Cross‑cutting assumptions and dependencies

  • Non‑degenerate evaluation distributions: a nontrivial fraction of tests must have margin γ>0; otherwise, constant or trivial policies can pass.
  • Average‑case regret measurement: requires many trials across diverse histories/tests; estimates of V* may need baselines or bounds when exact optimality is unknown.
  • Environment properties (for fully observed recovery): stationarity, communicating dynamics, and action influence; ability to stage repeated diagnostic attempts of depth n.
  • Instrumentation: access to a “report bit” (or equivalent pre‑action commitment) that does not affect dynamics; logging of action sequences and outcomes.
  • Partial observability: witness test construction and history pairing are necessary to detect aliasing; guarantees are selection‑style (necessity) rather than full model recovery.
  • Causality levels: the paper guarantees Level 2 interventional recovery under stated assumptions; Level 3 counterfactuals require additional structural information.

Glossary

  • Action-conditioned prediction tasks: Prediction objectives that depend on the actions the agent takes. "low average-case regret on structured families of action-conditioned prediction tasks forces an agent to implement predictive, structured internal state."
  • Aliasing: A memory representation collapsing distinct histories into the same internal state, potentially causing errors. "Define the aliasing event for M:"
  • Average-case regret: Expected (distribution-averaged) shortfall from optimal performance over a task family. "we assume only average-case regret rather than worst-case optimality;"
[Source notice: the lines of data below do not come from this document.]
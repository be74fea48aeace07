-- ===== src/Value/SourceTests.antt =====
-- The tests at the end of src/value.rs on decimals, dates and accessors, under their names there;
-- the one that is a type has it in the spelling of types.
use fing.Base.{Bool, true, false, ◌&&◌, ◌≡◌, refl, ap, some, none, eq_list, ◌==◌, ℕ}
use fing.Base.Int.{ℤ, pos, negsuc, quot_ℤ, wrap32, wrap64, ◌+ℤ◌, ◌-ℤ◌, ◌*ℤ◌}
use fing.Base.Text.{Text, codes}
use fing.Base.Decimal.{to_string, to_string_ℤ, pad_number, pad_ℤ}
use fing.Value.{Value, display_value, Float, as_i64, as_f64}
use fing.Value.Decimal.{format_decimal}
use fing.Value.Date.{
  civil_from_days, civil_from_era, year_in_era, day_in_year, month_from_march, day_in_month,
  month_number, year_number,
}

abbrev formats_as : ℤ → ℕ → Text → Bool
unfolding format_decimal eq_list
formats_as whole scale text = eq_list (format_decimal whole scale) text

abbrev decimals_format_with_scale : Bool
decimals_format_with_scale =
    formats_as (pos 123456) 4 (codes "12.3456")
    && formats_as (pos 5) 2 (codes "0.05")
    && formats_as (pos 0) 2 (codes "0.00")
    && formats_as (pos 150) 0 (codes "150")

abbrev decimals_format_negatives : Bool
decimals_format_negatives =
    formats_as (negsuc 123455) 4 (codes "-12.3456")
    && formats_as (negsuc 4) 2 (codes "-0.05")
    && formats_as (negsuc 0) 0 (codes "-1")

abbrev same_date : ℤ × ℕ × ℕ → ℕ → ℕ → ℕ → Bool
same_date (pos y, m, d) year month day = y == year && m == month && d == day
same_date (negsuc y, m, d) year month day = false

abbrev dates_convert_from_epoch_days : Bool
unfolding civil_from_days
dates_convert_from_epoch_days =
    same_date (civil_from_days (pos 0)) 1970 1 1
    && same_date (civil_from_days (negsuc 0)) 1969 12 31
    && same_date (civil_from_days (pos 19723)) 2024 1 1
    && same_date (civil_from_days (pos 19782)) 2024 2 29

abbrev dates_display_zero_padded : Bool
unfolding display_value eq_list
dates_display_zero_padded =
    eq_list (display_value (Value.date (pos 0))) (codes "1970-01-01")
    && eq_list (display_value (Value.date (pos 19782))) (codes "2024-02-29")

source_tests :
    (decimals_format_with_scale ≡ true)
    × (decimals_format_negatives ≡ true)
    × (dates_convert_from_epoch_days ≡ true)
    × (dates_display_zero_padded ≡ true)
unfolding format_decimal eq_list to_string civil_from_days display_value civil_from_era year_in_era
    day_in_year month_from_march day_in_month month_number year_number quot_ℤ wrap32 wrap64 ◌+ℤ◌
    ◌-ℤ◌ ◌*ℤ◌ pad_number pad_ℤ to_string_ℤ
source_tests = (refl, refl, refl, refl)

-- `as_f64` of 12345 at scale 2 is the quotient that the float type gives.
NumericAccessors : (f : Float) → f.F64 → Type 0
NumericAccessors f quotient =
    (as_i64 (Value.small_int (pos 3)) ≡ some (pos 3))
    × (as_f64 f (Value.decimal (pos 12345) 2) ≡ some quotient)
    × (as_i64 (Value.string (codes "x")) ≡ none)

accessor_tests :
    (f : Float) (quotient : f.F64)
    → f.divide (f.of_int (pos 12345)) (f.ten_powi (pos 2)) ≡ quotient
    → NumericAccessors f quotient
unfolding NumericAccessors as_i64 as_f64 wrap32
accessor_tests f quotient e = (refl, ap some e, refl)
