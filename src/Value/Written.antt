-- ===== src/Value/Written.antt =====
-- How src/value.rs writes a decimal, and counts its digits.
use fing.Base.{
  append-nil, ◌^◌, ℕ, zero, suc, ◌+◌, ◌-◌, ◌*◌, ◌≤◌, ◌<◌, [], ◌∷◌, ◌++◌, ◌≡◌, ◌⊎◌, inl, inr, refl,
  sym, ap, subst, ◌∙◌, arith, All, Bool-cases, ltb, leb, ◌==◌, if◌then◌else◌, length, take, drop,
  replicate, length-append, length-replicate, length-drop, take-append-drop, take-All, drop-All,
  append-All, replicate-All,
}
use fing.Base.Int.{ℤ, pos, negsuc, unsigned_abs, ltb_ℤ, IsI64}
use fing.Base.Text.{Text, codes}
use fing.Base.Decimal.{to_string}
use fing.Base.Decimal.Digits.{
  pow10, number_of, IsDigit, HasDigits, length-to_string, number_of-to_string, to_string-IsDigit,
  IsLeading, to_string-begins, number_from-append, number_from-eq, number_of-replicate,
}
use fing.Value.{precision_of}
use fing.Value.Decimal.{format_decimal}

abbrev pub sign_of : ℤ → Text
sign_of (pos n) = []
sign_of (negsuc n) = codes "-"

-- The digits of a fraction, behind their point.
abbrev pub fraction : Text → Text
fraction [] = []
fraction (c ∷ s) = b'.' ∷ c ∷ s

-- The digits `whole` and `part` of n / 10 ^ scale: as many behind the point as the scale says, and
-- before it no leading zero but a 0 that stands alone.
pub record IsDecimal (n scale : ℕ) (whole part : Text) : Type 0 where
  pub whole_digits : All IsDigit whole
  pub part_digits : All IsDigit part
  pub part_length : length part ≡ scale
  pub begins : (whole ≡ codes "0") ⊎ IsLeading whole
  pub stands_for : number_of whole * pow10 scale + number_of part ≡ n

begins-take :
    (k : ℕ) (s : Text) → 0 < k → k < length s → (s ≡ codes "0") ⊎ IsLeading s → IsLeading (take k s)
begins-take zero s p h b = elim p [ ]
begins-take (suc k) [] p h b = elim h [ ]
begins-take (suc k) (c ∷ s) p h (inl e) = absurd (omega (arith, h, ap length e))
begins-take (suc k) (c ∷ s) p h (inr l) = l

number_of-cut :
    (s t : Text) (scale : ℕ)
    → length t ≡ scale
    → number_of s * pow10 scale + number_of t ≡ number_of (s ++ t)
number_of-cut s t scale e =
    subst (λ k. number_of s * pow10 k + number_of t ≡ number_of (s ++ t)) e
      (sym (number_from-append 0 s t ∙ number_from-eq (number_of s) t))

module _ (n scale : ℕ) where
  -- The digits before the point, and those behind it.
  abbrev split : ℕ
  split = length (to_string n) - scale

  cut-IsDecimal :
      0 < scale
      → scale < length (to_string n)
      → IsDecimal n scale (take split (to_string n)) (drop split (to_string n))
  cut-IsDecimal p h = record {
    whole_digits = take-All IsDigit split (to_string n) (to_string-IsDigit n);
    part_digits = drop-All IsDigit split (to_string n) (to_string-IsDigit n);
    part_length = behind;
    begins = inr (begins-take split (to_string n) (omega arith) (omega arith) (to_string-begins n));
    stands_for =
        number_of-cut (take split (to_string n)) (drop split (to_string n)) scale behind
        ∙ ap number_of (take-append-drop split (to_string n))
        ∙ number_of-to_string n;
  }
    where
      behind : length (drop split (to_string n)) ≡ scale
      behind = omega (arith, length-drop split (to_string n))

  -- The digits behind "0.", filled up with zeros.
  abbrev filled : Text
  filled = replicate (scale - length (to_string n)) b'0' ++ to_string n

  filled-IsDecimal : length (to_string n) ≤ scale → IsDecimal n scale (codes "0") filled
  filled-IsDecimal h = record {
    whole_digits = ((omega arith, omega arith), tt);
    part_digits =
        append-All IsDigit _ _ (replicate-All IsDigit _ b'0' (omega arith, omega arith))
          (to_string-IsDigit n);
    part_length = omega (
      arith,
      length-append (replicate (scale - length (to_string n)) b'0') (to_string n),
      length-replicate {A = ℕ} (scale - length (to_string n)) b'0',
    );
    begins = inl refl;
    stands_for = omega (
      arith,
      number_of-replicate (scale - length (to_string n)) (to_string n),
      number_of-to_string n,
    );
  }

  whole-IsDecimal : scale ≡ 0 → IsDecimal n scale (to_string n) []
  whole-IsDecimal e = record {
    whole_digits = to_string-IsDigit n;
    part_digits = tt;
    part_length = sym e;
    begins = to_string-begins n;
    stands_for = rw e (omega (arith, number_of-to_string n));
  }

behind_point :
    {n scale : ℕ} {whole part : Text} → IsDecimal n scale whole part → 0 < scale → 0 < length part
behind_point d h = omega (arith, d.part_length, h)

sign-eq : (number : ℤ) → (if ltb_ℤ number (pos 0) then codes "-" else []) ≡ sign_of number
sign-eq (pos n) = ground arith
sign-eq (negsuc n) = ground arith

fraction-cons : (part : Text) → 0 < length part → b'.' ∷ part ≡ fraction part
fraction-cons [] h = elim h [ ]
fraction-cons (c ∷ s) h = refl

-- A decimal is written as its sign, its whole digits, and behind a point its fraction: the digits
-- stand for the number, there are as many behind the point as the scale says, and no point when it
-- is 0.
pub format_decimal-IsDecimal :
    (number : ℤ) (scale : ℕ)
    → (whole : Text) × (part : Text) × IsDecimal (unsigned_abs number) scale whole part
      × (format_decimal number scale ≡ sign_of number ++ (whole ++ fraction part))
unfolding format_decimal
format_decimal-IsDecimal number scale = elim (Bool-cases (scale == 0)) [
  | inl none_behind ↦ (
    to_string n,
    [],
    whole-IsDecimal n scale (ground arith),
    rw (none_behind, sign-eq number) (ap (◌++◌ (sign_of number)) (sym (append-nil (to_string n)))),
  )
  | inr some_behind ↦ elim (Bool-cases (ltb scale (length (to_string n)))) [
    | inl less ↦ (
      take (split n scale) (to_string n),
      drop (split n scale) (to_string n),
      cut-IsDecimal n scale (ground arith) (ground arith),
      rw (some_behind, less, sign-eq number)
          (ap (λ t. sign_of number ++ (take (split n scale) (to_string n) ++ t))
            (fraction-cons (drop (split n scale) (to_string n))
              (behind_point (cut-IsDecimal n scale (ground arith) (ground arith)) (ground arith)))),
    )
    | inr more ↦ (
      codes "0",
      filled n scale,
      filled-IsDecimal n scale (ground arith),
      rw (some_behind, more, sign-eq number)
          (ap (λ t. sign_of number ++ (b'0' ∷ t))
            (fraction-cons (filled n scale)
              (behind_point (filled-IsDecimal n scale (ground arith)) (ground arith)))),
    )
  ]
]
  where
    n : ℕ
    n = unsigned_abs number

-- The precision of a decimal column is the number of its digits.
pub precision_of-HasDigits :
    (number : ℤ) → (k : ℕ) × (precision_of number ≡ suc k) × HasDigits (unsigned_abs number) k
unfolding precision_of
precision_of-HasDigits number =
    let (k, e, d) = length-to_string (unsigned_abs number) in (k, omega (arith, e), d)

pow10_mono : (j k : ℕ) → j ≤ k → pow10 j ≤ pow10 k
pow10_mono zero zero h = omega arith
pow10_mono zero (suc k) h = omega (arith, pow10_mono zero k)
pow10_mono (suc j) zero h = elim h [ ]
pow10_mono (suc j) (suc k) h = omega (arith, pow10_mono j k)

unsigned_abs-le : (number : ℤ) → IsI64 number → unsigned_abs number ≤ 2 ^ 63
unsigned_abs-le (pos n) (h, l) = omega arith
unsigned_abs-le (negsuc n) (h, l) = omega arith

-- A decimal of 64 bits has a precision of at most 19.
pub precision_of-le : (number : ℤ) → IsI64 number → precision_of number ≤ 19
precision_of-le number h =
    let (k, e, d) = precision_of-HasDigits number in few k _ (unsigned_abs-le number h) d.1 e
  where
    few :
        (k n : ℕ)
        → n ≤ 2 ^ 63
        → (((n ≡ 0) × (k ≡ 0)) ⊎ (pow10 k ≤ n))
        → precision_of number ≡ suc k
        → precision_of number ≤ 19
    few k n l (inl (_, z)) e = omega (arith, e, z)
    few k n l (inr m) e = elim (Bool-cases (leb 19 k)) [
      | inl many ↦
          let far : pow10 19 ≤ pow10 k = pow10_mono 19 k (ground arith) in
          absurd (omega (arith, l, m))
      | inr less ↦ let small : k < 19 = ground arith in omega (arith, e)
    ]
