-- ===== src/Value/Tests.antt =====
-- Tests of src/value.rs, after those at its end, and the properties at concrete inputs.
use fing.Base.{ℕ, suc, ◌++◌, ◌≡◌, refl, arith}
use fing.Base.Int.{pos, negsuc, quot_ℤ, wrap32, wrap64, ◌+ℤ◌, ◌-ℤ◌, ◌*ℤ◌}
use fing.Value.Date.{
  civil_from_days, civil_from_era, year_in_era, day_in_year, month_from_march, day_in_month,
  month_number, year_number,
}
use fing.Value.Calendar.{IsDate}
use fing.Value.Dates.{civil_from_days-IsDate}
use fing.Value.Past.{IsProleptic, civil_from_days-IsProleptic}
use fing.Base.Decimal.{to_string}
use fing.Base.Decimal.Digits.{HasDigits}
use fing.Base.Text.{Text, codes}
use fing.Base.Int.{unsigned_abs}
use fing.Value.{precision_of}
use fing.Value.Decimal.{format_decimal}
use fing.Value.Written.{
  IsDecimal, sign_of, fraction, format_decimal-IsDecimal, precision_of-HasDigits,
}

civil_from_days_tests :
    (civil_from_days (pos 0) ≡ (pos 1970, 1, 1))
    × (civil_from_days (pos 20000) ≡ (pos 2024, 10, 4))
    × (civil_from_days (negsuc 0) ≡ (pos 1969, 12, 31))
    × (civil_from_days (pos 11016) ≡ (pos 2000, 2, 29))
    × (civil_from_days (negsuc 719528) ≡ (negsuc 0, 12, 31))
unfolding civil_from_days civil_from_era year_in_era day_in_year month_from_march day_in_month
    month_number year_number quot_ℤ wrap32 wrap64 ◌+ℤ◌ ◌-ℤ◌ ◌*ℤ◌
civil_from_days_tests = (refl, refl, refl, refl, refl)

civil_from_days-IsDate_example : IsDate (pos 11016) (civil_from_days (pos 11016))
civil_from_days-IsDate_example = civil_from_days-IsDate (pos 11016) (omega arith) (omega arith)

civil_from_days-IsProleptic_example : IsProleptic (negsuc 719528) (civil_from_days (negsuc 719528))
civil_from_days-IsProleptic_example =
    civil_from_days-IsProleptic (negsuc 719528) (omega arith) (omega arith)

format_decimal_tests :
    (format_decimal (pos 12345) 2 ≡ codes "123.45")
    × (format_decimal (negsuc 4) 3 ≡ codes "-0.005")
    × (format_decimal (pos 42) 0 ≡ codes "42")
unfolding format_decimal to_string
format_decimal_tests = (refl, refl, refl)

format_decimal-IsDecimal_example :
    (whole : Text) × (part : Text) × IsDecimal (unsigned_abs (negsuc 4)) 3 whole part
    × (format_decimal (negsuc 4) 3 ≡ sign_of (negsuc 4) ++ (whole ++ fraction part))
format_decimal-IsDecimal_example = format_decimal-IsDecimal (negsuc 4) 3

precision_of-HasDigits_example :
    (k : ℕ) × (precision_of (negsuc 104) ≡ suc k) × HasDigits (unsigned_abs (negsuc 104)) k
precision_of-HasDigits_example = precision_of-HasDigits (negsuc 104)
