-- ===== src/Store.antt =====
-- internal/store/interfaces.go: the primitives that the algorithms ask of a counter store, and what
-- the control plane asks of a policy store.
pub mod Memory
pub mod Cache
pub mod Laws
pub mod Breaker
pub mod Policies
pub mod World
use rlaas.Base.{String, Bool, List, Option}
use rlaas.Base.Int64.{Int64}
use rlaas.Base.Time.{Time, Duration}
use rlaas.Base.Exec.{Exec}
use rlaas.Model.{Policy, PolicyAuditEntry, PolicyVersion}

-- `atomic_timestamps` is the answer of the type assertion on the optional `CheckAndAddTimestamps`.
pub record CounterStore (S : Type 0) : Type 0 where
  pub increment : String → Int64 → Duration → Exec S Int64
  pub get : String → Exec S Int64
  pub set : String → Int64 → Duration → Exec S (Unit {0})
  pub compare_and_swap : String → Int64 → Int64 → Duration → Exec S Bool
  pub delete : String → Exec S (Unit {0})
  pub add_timestamp : String → Time → Duration → Exec S (Unit {0})
  pub count_after : String → Time → Exec S Int64
  pub trim_before : String → Time → Exec S (Unit {0})
  pub acquire_lease : String → Int64 → Duration → Exec S (Bool × Int64)
  pub release_lease : String → Exec S (Unit {0})
  pub ping : Exec S (Unit {0})
  pub close : Exec S (Unit {0})
  pub atomic_timestamps :
      Option (String → Time → Int64 → Int64 → Time → Duration → Exec S (Int64 × Bool))

-- `ListPolicies` ignores its filter in every store that is modelled, and gets none here.
pub record PolicyStore (S : Type 0) : Type 0 where
  pub load_policies : String → Exec S (List Policy)
  pub get_policy_by_id : String → Exec S Policy
  pub upsert_policy : Policy → Exec S (Unit {0})
  pub delete_policy : String → Exec S (Unit {0})
  pub list_policies : Exec S (List Policy)
  pub ping : Exec S (Unit {0})
  pub close : Exec S (Unit {0})

-- `policyHistoryStore` of internal/adapter/http/controlplane.go, which a policy store may implement.
pub record HistoryStore (S : Type 0) : Type 0 where
  pub list_policy_audit : String → Exec S (List PolicyAuditEntry)
  pub list_policy_versions : String → Exec S (List PolicyVersion)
  • Behavioral distinguishability: The property that two histories can be distinguished by a test yielding different success probabilities. "Two histories h,h' are behaviorally distinguishable"
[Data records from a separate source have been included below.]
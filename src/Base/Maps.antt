-- ===== src/Base/Maps.antt =====
-- Go maps with text keys, as functions into `Option`. The code that walks over a whole map changes each
-- entry by itself, so the order of a walk is not modelled.
use rlaas.Base.Tests.{if◌then◌else◌}
use Prim.Native.String.{String}
use text.Mathlib.Text.{◌==◌}
use mathlib.Core.Path.{◌≡◌, ap}
use mathlib.Core.Option.{Option, none, some}

abbrev pub Map {ℓ} : Type ℓ → Type ℓ
Map V = String → Option V

module _ {ℓ} {V : Type ℓ} where
  abbrev pub empty : Map V
  empty j = none

  -- `m[k] = v`
  abbrev pub put : Map V → String → V → Map V
  put m k v j = if k == j then some v else m j

  -- `delete(m, k)`
  abbrev pub remove : Map V → String → Map V
  remove m k j = if k == j then none else m j

  -- `m[k]`, with the zero value on a missing key.
  abbrev pub get_or : Option V → V → V
  get_or none z = z
  get_or (some v) z = v

pub some_inj {ℓ} : {A : Type ℓ} {a b : A} → some a ≡ some b → a ≡ b
some_inj {A = A} {a = a} e = ap (λ o. get_or o a) e
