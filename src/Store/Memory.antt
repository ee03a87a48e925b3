-- ===== src/Store/Memory.antt =====
-- internal/store/counter/memory/store.go: the sharded in-process counter store. A call under a shard's
-- lock is one step. `check` is what `time.Now()` reads where the call looks for an expired entry, and
-- `stamp` what it reads where the call sets an expiry.
pub mod Leases
pub mod Timestamps
pub mod Sweep
pub mod Node
pub mod Refinement
pub mod Flat
pub mod Holders
use Prim.Native.Nat.{ℕ, ◌+◌, ◌*◌, ◌%◌, ◌^◌, bit_xor}
use mathlib.Core.List.{foldl}
use rlaas.Base.{
  String, List, Bool, true, false, Option, none, some, ◌&&◌, not, bytes, if◌then◌else◌, ◌=ℕ◌, ltb,
}
use rlaas.Base.Int.{ℤ, pos, leb_ℤ, ltb_ℤ, ◌=ℤ◌, pos_part}
use rlaas.Base.Int64.{Int64, ◌+w◌}
use rlaas.Base.Time.{Time, Duration, is_zero, after, add}
use rlaas.Base.Maps.{Map, empty, put, remove, get_or}

pub record ValueItem : Type 0 where
  pub value : Int64
  pub expiry : Time

abbrev pub zero_item : ValueItem
zero_item = record { value = pos 0; expiry = pos 0 }

pub record Shard : Type 0 where
  pub values : Map ValueItem
  pub timestamps : Map (List Time)
  pub ts_expiry : Map Time
  pub leases : Map ValueItem

abbrev pub empty_shard : Shard
empty_shard = record { values = empty; timestamps = empty; ts_expiry = empty; leases = empty }

-- The slice of shards has a fixed length, so it is that length and a function of the index.
pub record MemoryStore : Type 0 where
  pub count : ℕ
  pub shards : ℕ → Shard

unfoldable pub new_sharded : ℤ → MemoryStore
new_sharded shard_count = record {
  count = if leb_ℤ shard_count (pos 0) then 1 else pos_part shard_count;
  shards = λ i. empty_shard;
}

unfoldable pub new : MemoryStore
unfolding new_sharded
new = new_sharded (pos 64)

-- `hash/fnv`'s 32-bit FNV-1a.
unfoldable pub fnv32a : List ℕ → ℕ
fnv32a = foldl (λ h b. bit_xor h b * 16777619 % 2 ^ 32) 2166136261

unfoldable pub shard_index : ℕ → String → ℕ
shard_index count key = if count =ℕ 1 then 0 else fnv32a (bytes key) % count

abbrev pub shard_for : MemoryStore → String → ℕ
shard_for m key = shard_index m.count key

-- What a call does to the shard of its key, under the shard's lock.
unfoldable pub on_shard :
    {A : Type 0} → (Shard → A × Shard) → String → MemoryStore → A × MemoryStore
on_shard f key m =
    let i = shard_for m key in
    let (a, shard) = f (m.shards i) in
    (a, record m { shards = λ j. if i =ℕ j then shard else m.shards j })

-- The expiry is set, and it is past.
unfoldable pub expired : Time → ValueItem → Bool
unfolding is_zero after
expired now it = not (is_zero it.expiry) && after now it.expiry

unfoldable pub get_value_locked : Time → String → Shard → ValueItem × Shard
get_value_locked check key shard =
    let it = get_or (shard.values key) zero_item in
    if expired check it
    then (zero_item, record shard { values = remove shard.values key })
    else (it, shard)

-- `it.expiry = time.Now().Add(ttl)` if `ttl > 0`.
unfoldable pub extend : Time → Duration → ValueItem → ValueItem
unfolding add
extend stamp ttl it = if ltb_ℤ (pos 0) ttl then record it { expiry = add stamp ttl } else it

module _ (check stamp : Time) (key : String) where
  unfoldable pub increment_locked : Int64 → Duration → Shard → Int64 × Shard
  increment_locked value ttl shard =
      let (it, shard') = get_value_locked check key shard in
      let it' = extend stamp ttl (record it { value = it.value +w value }) in
      (it'.value, record shard' { values = put shard'.values key it' })

  unfoldable pub set_locked : Int64 → Duration → Shard → Unit {0} × Shard
  set_locked value ttl shard =
      let it = extend stamp ttl (record { value = value; expiry = pos 0 }) in
      (tt, record shard { values = put shard.values key it })

  unfoldable pub compare_and_swap_locked : Int64 → Int64 → Duration → Shard → Bool × Shard
  compare_and_swap_locked old new ttl shard =
      let (it, shard') = get_value_locked check key shard in
      if it.value =ℤ old
      then (
        true,
        record shard' {
          values = put shard'.values key (extend stamp ttl (record it { value = new }));
        },
      )
      else (false, shard')

-- `Delete` removes all that is stored under a key.
unfoldable pub delete_locked : String → Shard → Unit {0} × Shard
delete_locked key shard = (
  tt,
  record {
    values = remove shard.values key;
    timestamps = remove shard.timestamps key;
    ts_expiry = remove shard.ts_expiry key;
    leases = remove shard.leases key;
  },
)

-- `Get`.
unfoldable pub get_locked : Time → String → Shard → Int64 × Shard
get_locked check key shard =
    let (it, shard') = get_value_locked check key shard in (it.value, shard')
  • Belief-like memory: Internal memory that encodes belief-style predictive distinctions sufficient for confident decisions. "yields quantitative no-aliasing bounds for belief-like memory"
  • Belief states: Distributions over latent states that summarize history and suffice for optimal control. "optimal control can be implemented using belief states or world models"
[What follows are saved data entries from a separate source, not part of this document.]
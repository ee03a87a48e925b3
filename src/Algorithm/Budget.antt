-- ===== src/Algorithm/Budget.antt =====
-- The compare-and-swap loop that fixedwindow.go and quota.go share: read the counter, deny if the cost
-- does not fit, else swap in the sum, and try again if another client was faster.
pub mod Exact
pub mod Interference
use Prim.Native.Nat.{ℕ, zero, suc}
use rlaas.Base.{String, Bool, if◌then◌else◌}
use rlaas.Base.Int.{pos, leb_ℤ, ltb_ℤ, pos_part}
use rlaas.Base.Int64.{Int64, ◌+w◌, ◌-w◌}
use rlaas.Base.Time.{Time, Duration}
use rlaas.Base.Exec.{Exec, pure, ◌>>=◌}
use rlaas.Model.{AlgorithmConfig, Decision}
use rlaas.Store.{CounterStore}

-- The two clock readings of an evaluation: its own, and that of `OverLimitDecision`.
pub record Readings : Type 0 where
  pub now : Time
  pub wall : Time

unfoldable pub max_retries : AlgorithmConfig → ℕ
max_retries cfg = if ltb_ℤ (pos 0) cfg.max_retries then pos_part cfg.max_retries else 5

-- A limit that is not positive counts as 1.
unfoldable pub limit_or_one : Int64 → Int64
limit_or_one limit = if leb_ℤ limit (pos 0) then pos 1 else limit

-- What the loop works with: the counter's key, the numbers, and the decisions that it returns.
pub record Budget : Type 0 where
  pub key : String
  pub limit : Int64
  pub cost : Int64
  pub ttl : Duration
  pub granted : Int64 → Decision
  pub exceeded : Decision
  pub contention : Decision

unfoldable pub spend : {S : Type 0} → CounterStore S → Budget → ℕ → Exec S Decision
spend c b zero = pure b.contention
spend c b (suc n) = do
  current ← c.get b.key
  if ltb_ℤ b.limit (current +w b.cost) then pure b.exceeded else do
    swapped ← c.compare_and_swap b.key current (current +w b.cost) b.ttl
    if swapped then pure (b.granted (b.limit -w (current +w b.cost))) else spend c b n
  • Betting goal: A one-shot binary decision (bet) on whether an event will occur under a prescribed action sequence. "Each test T=(α,W) induces a one-shot betting goal g_T:"
  • Block-structured tests: Partitioned test families that impose modular informational demands. "Block-structured tests select for informational modularity"
  • Causal Markov-process (cMP): An interpretation of controlled Markov processes where actions correspond to causal interventions. "causal Markov-process (cMP) interpretation"
  • Communicating environment: An environment where any state can reach any other via some finite action sequence with positive probability. "we assume the environment is communicating, meaning that for any s,s'∈S there exists a finite action sequence that reaches s' from s with positive probability"
  • Composite goal family: A constructed family of goals combining a binary commitment with counted successes across multiple attempts. "The composite goal G{(n)}_{s,a,s',k} is the event:"
  • Counterfactual couplings: The joint dependence between potential outcomes under different interventions, not identified from interventional kernels alone. "while differing in counterfactual couplings."
  • Diagnostic goal family: A subset of evaluation goals informative enough to constrain or recover aspects of the world model. "low average regret on the diagnostic goal family forces π to implicitly approximate Level 2 interventional queries"
  • Do-intervention: Pearl’s do-operator specifying an external intervention on an action variable. "corresponds to the intervention \mathrm{do}(A_t=a)"
  • Elicitation: The design of mechanisms that encourage truthful probability reports, often linked to scoring rules. "related to elicitation and proper scoring rules"
  • Evaluation distribution: The distribution over histories and tests used to measure average regret and competence. "When the evaluation distribution places nontrivial mass on large-margin tests"
  • Goal-conditioned policy: A policy whose choices depend on the specific goal being evaluated. "Let π be a (possibly stochastic) goal-conditioned policy."
  • Informational modularity: Internal organization that separates information according to task blocks or modules. "Block-structured tests select for informational modularity"
  • Internal Model Principle: A control-theoretic result asserting that effective regulation requires modeling the system. "formalized in linear control by the Internal Model Principle"
  • Interventional kernel: The distribution of next states under a do-intervention on the action. "Causal content: approximately recovered interventional kernel"
  • Interventional queries: Queries about distributions under interventions (do-operations) rather than mere observations. "Level 2 interventional queries"
  • Level 2 interventions: Pearl’s hierarchy level concerning interventional distributions identifiable from do-operations. "Level 2 interventions are recoverable"
  • Level 3 counterfactuals: Pearl’s hierarchy level concerning joint counterfactuals across different interventions, generally not identifiable here. "Level 3 counterfactuals are not"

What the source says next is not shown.